Depreciation and amortization expenses. Depreciation and amortization increased $2.7 million, or 25.2%, for the 39 weeks ended September 26, 2017 as compared to the prior year period, primarily due to the increased number of restaurants. As a percentage of revenue, depreciation and amortization increased to 5.5% in the 39 weeks ended September 26, 2017 compared to 5.1% in the comparable period of 2016.

Pre-opening costs. Pre-opening costs increased $0.6 million for the 39 weeks ended September 26, 2017 as compared to the prior year period. The company opened 19 new company-operated restaurants in the 39 weeks ended September 26, 2017 compared to 15 new company-operated restaurants that opened in the comparable prior year period. Pre-opening costs also include expenses incurred for restaurants that are set to open in the near future. As a percentage of revenue, pre-opening costs increased to 0.8% in the 39 weeks ended September 26, 2017 compared to 0.6% in the comparable period of 2016.

Tax Receivable Agreement liability adjustment. Tax Receivable Agreement expenses, which are costs associated with adjustments to the expected TRA liability as a result of updated estimated future tax savings at the federal, state and local level, were $0.7 million for the 39 weeks ended September 26, 2017. There was no TRA expense in the prior year period.

Interest expense, net. Interest expense, net was $0.4 million for the 39 weeks ended September 26, 2017 compared to $0.5 million in the prior year period.
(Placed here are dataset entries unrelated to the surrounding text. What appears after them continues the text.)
-- ===== src/UdpListener.antt =====
-- The UDP listeners of the server: `localListener`, `handleLoop` and the end of `udpCopy` in
-- internal/server/transport/udp.go, and `udpListener`, `handleUDPLoop` and the end of
-- `UDPConnectionHandler` in accept_udp.go beside it.
pub mod Abandoned
pub mod CutOff
pub mod Run
use backhaul_plus.Prelude.{
  ℕ, zero, suc, ◌+◌, Bool, true, false, ◌&&◌, List, [], ◌∷◌, ◌++◌, Option, none, some, ltb, ◌==◌,
  if◌then◌else◌, length, drop,
}
use backhaul_plus.Maps.{Map, lookup, insert, delete}
use backhaul_plus.Registry.{has_room}
use backhaul_plus.Strings.{Bytes}

-- The two listeners.
pub data Kind : Type 0 where
  plain_udp over_tcp : Kind

-- What changes of a connection of a client, the channel `payload` and `IsCongested`.
pub record Cell : Type 0 where
  pub payload : List Bytes
  pub is_congested : Bool

-- A pointer to one, with the fields that do not change.
pub record LocalUdpConn : Type 0 where
  pub id : ℕ
  pub addr : Bytes
  pub time_created : ℕ

-- `handled` are the connections that the loop took out of `udpChan`, until their copy has ended.
pub record UdpListener : Type 0 where
  pub cells : List Cell
  pub active_connections : Map ℕ
  pub udp_chan : List LocalUdpConn
  pub handled : List LocalUdpConn
  pub channel_size : ℕ
  pub req_new_conn_chan : ℕ

-- A packet for a full payload channel is dropped.
abbrev pub pushed : Bytes → Cell → Cell
pushed packet c =
    if has_room 100000 (length c.payload)
    then record c { payload = c.payload ++ (packet ∷ []) }
    else c

abbrev pub change_at : (Cell → Cell) → ℕ → List Cell → List Cell
change_at f i [] = []
change_at f zero (c ∷ cs) = f c ∷ cs
change_at f (suc i) (c ∷ cs) = c ∷ change_at f i cs

abbrev pub is_congested_at : ℕ → List Cell → Bool
is_congested_at i [] = false
is_congested_at zero (c ∷ cs) = c.is_congested
is_congested_at (suc i) (c ∷ cs) = is_congested_at i cs

-- The new connection was not taken by the full `udpChan`.
abbrev pub rejected : Kind → Bytes → UdpListener → UdpListener
rejected plain_udp key s = record s { active_connections = delete key s.active_connections }
rejected over_tcp key s = s

unfoldable pub new_conn : Kind → ℕ → Bytes → Bytes → UdpListener → UdpListener
new_conn kind now key packet s =
    let id = length s.cells in
    let cell : Cell = record { payload = []; is_congested = false } in
    let s = record s {
      cells = s.cells ++ (cell ∷ []);
      active_connections = insert key id s.active_connections;
    } in
    if has_room s.channel_size (length s.udp_chan)
    then record s {
      cells = change_at (pushed packet) id s.cells;
      udp_chan = s.udp_chan ++ (record { id = id; addr = key; time_created = now } ∷ []);
      req_new_conn_chan =
          if has_room s.channel_size s.req_new_conn_chan
          then s.req_new_conn_chan + 1
          else s.req_new_conn_chan;
    }
    else rejected kind key s

-- The existing connection of a client gets the packet, unless it is congested.
unfoldable pub by_entry : Kind → ℕ → Bytes → Bytes → UdpListener → Option ℕ → UdpListener
unfolding new_conn
by_entry kind now key packet s none = new_conn kind now key packet s
by_entry plain_udp now key packet s (some i) = record s {
  cells = change_at (pushed packet) i s.cells;
}
by_entry over_tcp now key packet s (some i) =
    if is_congested_at i s.cells
    then new_conn over_tcp now key packet s
    else record s { cells = change_at (pushed packet) i s.cells }

-- A datagram of the client `key`.
unfoldable pub on_datagram : Kind → ℕ → Bytes → Bytes → UdpListener → UdpListener
unfolding by_entry
on_datagram kind now key packet s = by_entry kind now key packet s (lookup key s.active_connections)

-- The loop over `udpChan` takes a connection up for a tunnel; udp.go passes over one that has waited
-- for more than three seconds.
abbrev pub is_late_conn : Kind → ℕ → LocalUdpConn → Bool
is_late_conn plain_udp now c = ltb (c.time_created + 3000) now
is_late_conn over_tcp now c = false

unfoldable pub take_up : Kind → ℕ → List LocalUdpConn → UdpListener → UdpListener
take_up kind now [] s = s
take_up kind now (c ∷ rest) s =
    if is_late_conn kind now c
    then record s { udp_chan = rest }
    else record s { udp_chan = rest; handled = c ∷ s.handled }

abbrev pub deleted : Kind → LocalUdpConn → UdpListener → UdpListener
deleted plain_udp c s = record s { active_connections = delete c.addr s.active_connections }
deleted over_tcp c s =
    if is_congested_at c.id s.cells
    then s
    else record s { active_connections = delete c.addr s.active_connections }

-- The copy of the connection at a position of `handled` ends.
unfoldable pub finish_at :
    Kind → ℕ → List LocalUdpConn → List LocalUdpConn → UdpListener → UdpListener
finish_at kind i done [] s = s
finish_at kind zero done (c ∷ rest) s = deleted kind c (record s { handled = done ++ rest })
finish_at kind (suc i) done (c ∷ rest) s = finish_at kind i (done ++ (c ∷ [])) rest s

-- A change of the connection at a position of `handled`.
unfoldable pub at_handled : (Cell → Cell) → ℕ → List LocalUdpConn → UdpListener → UdpListener
at_handled f i [] s = s
at_handled f zero (c ∷ rest) s = record s { cells = change_at f c.id s.cells }
at_handled f (suc i) (c ∷ rest) s = at_handled f i rest s

-- The copy takes the next packet, if there is one, out of the payload channel.
abbrev pub copied : Cell → Cell
copied c = record c { payload = drop 1 c.payload }

-- `udp.IsCongested = true`
abbrev pub congested : Cell → Cell
congested c = record c { is_congested = true }

pub data Event : Type 0 where
  datagram : ℕ → Bytes → Bytes → Event
  taken_up read finished marked : ℕ → Event

unfoldable pub step : Kind → Event → UdpListener → UdpListener
unfolding on_datagram take_up finish_at at_handled
step kind (datagram now key packet) s = on_datagram kind now key packet s
step kind (taken_up now) s = take_up kind now s.udp_chan s
step kind (read i) s = at_handled copied i s.handled s
step kind (finished i) s = finish_at kind i [] s.handled s
step plain_udp (marked i) s = s
step over_tcp (marked i) s = at_handled congested i s.handled s

unfoldable pub run : Kind → List Event → UdpListener → UdpListener
unfolding step
run kind [] s = s
run kind (e ∷ es) s = run kind es (step kind e s)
Provision for income taxes. Income tax expense was $1.4 million for the 39 weeks ended September 26, 2017 compared to $3.0 million in the prior year period.

Liquidity and Capital Resources

Our primary uses of cash are for operational expenditures and capital investments, including new stores, store remodels, store relocations, store fixtures and ongoing infrastructure improvements. Historically, our main source of liquidity has been cash flows from operations.

The significant components of our working capital are liquid assets such as cash, cash equivalents and receivables, reduced by accounts payable and accrued expenses. Our working capital position benefits from the fact that we generally collect cash from sales to customers the same day or within several days of the related sale, while we typically have longer payment terms with our vendors.

Potential Impacts of Market Conditions on Capital Resources

We have historically experienced increases in comparable restaurant sales and operating cash flows. However, the restaurant industry continues to be challenged and uncertainty exists as to the sustainability of these favorable trends.

We believe that expected cash flow from operations and our existing cash balance at September 26, 2017 are adequate to fund operating lease obligations, capital expenditures and working capital obligations for at least the next 12 months. However, our ability to continue to meet these requirements and obligations will depend on, among other things, our ability to achieve anticipated levels of revenue and cash flow and our ability to manage costs and working capital successfully.

Summary of Cash Flows

Our primary sources of liquidity and cash flows are derived from our existing cash balance at September 26, 2017 and our operating cash flows. We use these to fund capital expenditures for new company-operated restaurant openings, reinvest in our existing restaurants, invest in infrastructure and information technology and maintain working capital. Our working capital position benefits from the fact that we generally collect cash from sales to customers the same day, or in the case of credit or debit card transactions, within several days of the related sale, and we typically have 20 to 30 days to pay our vendors.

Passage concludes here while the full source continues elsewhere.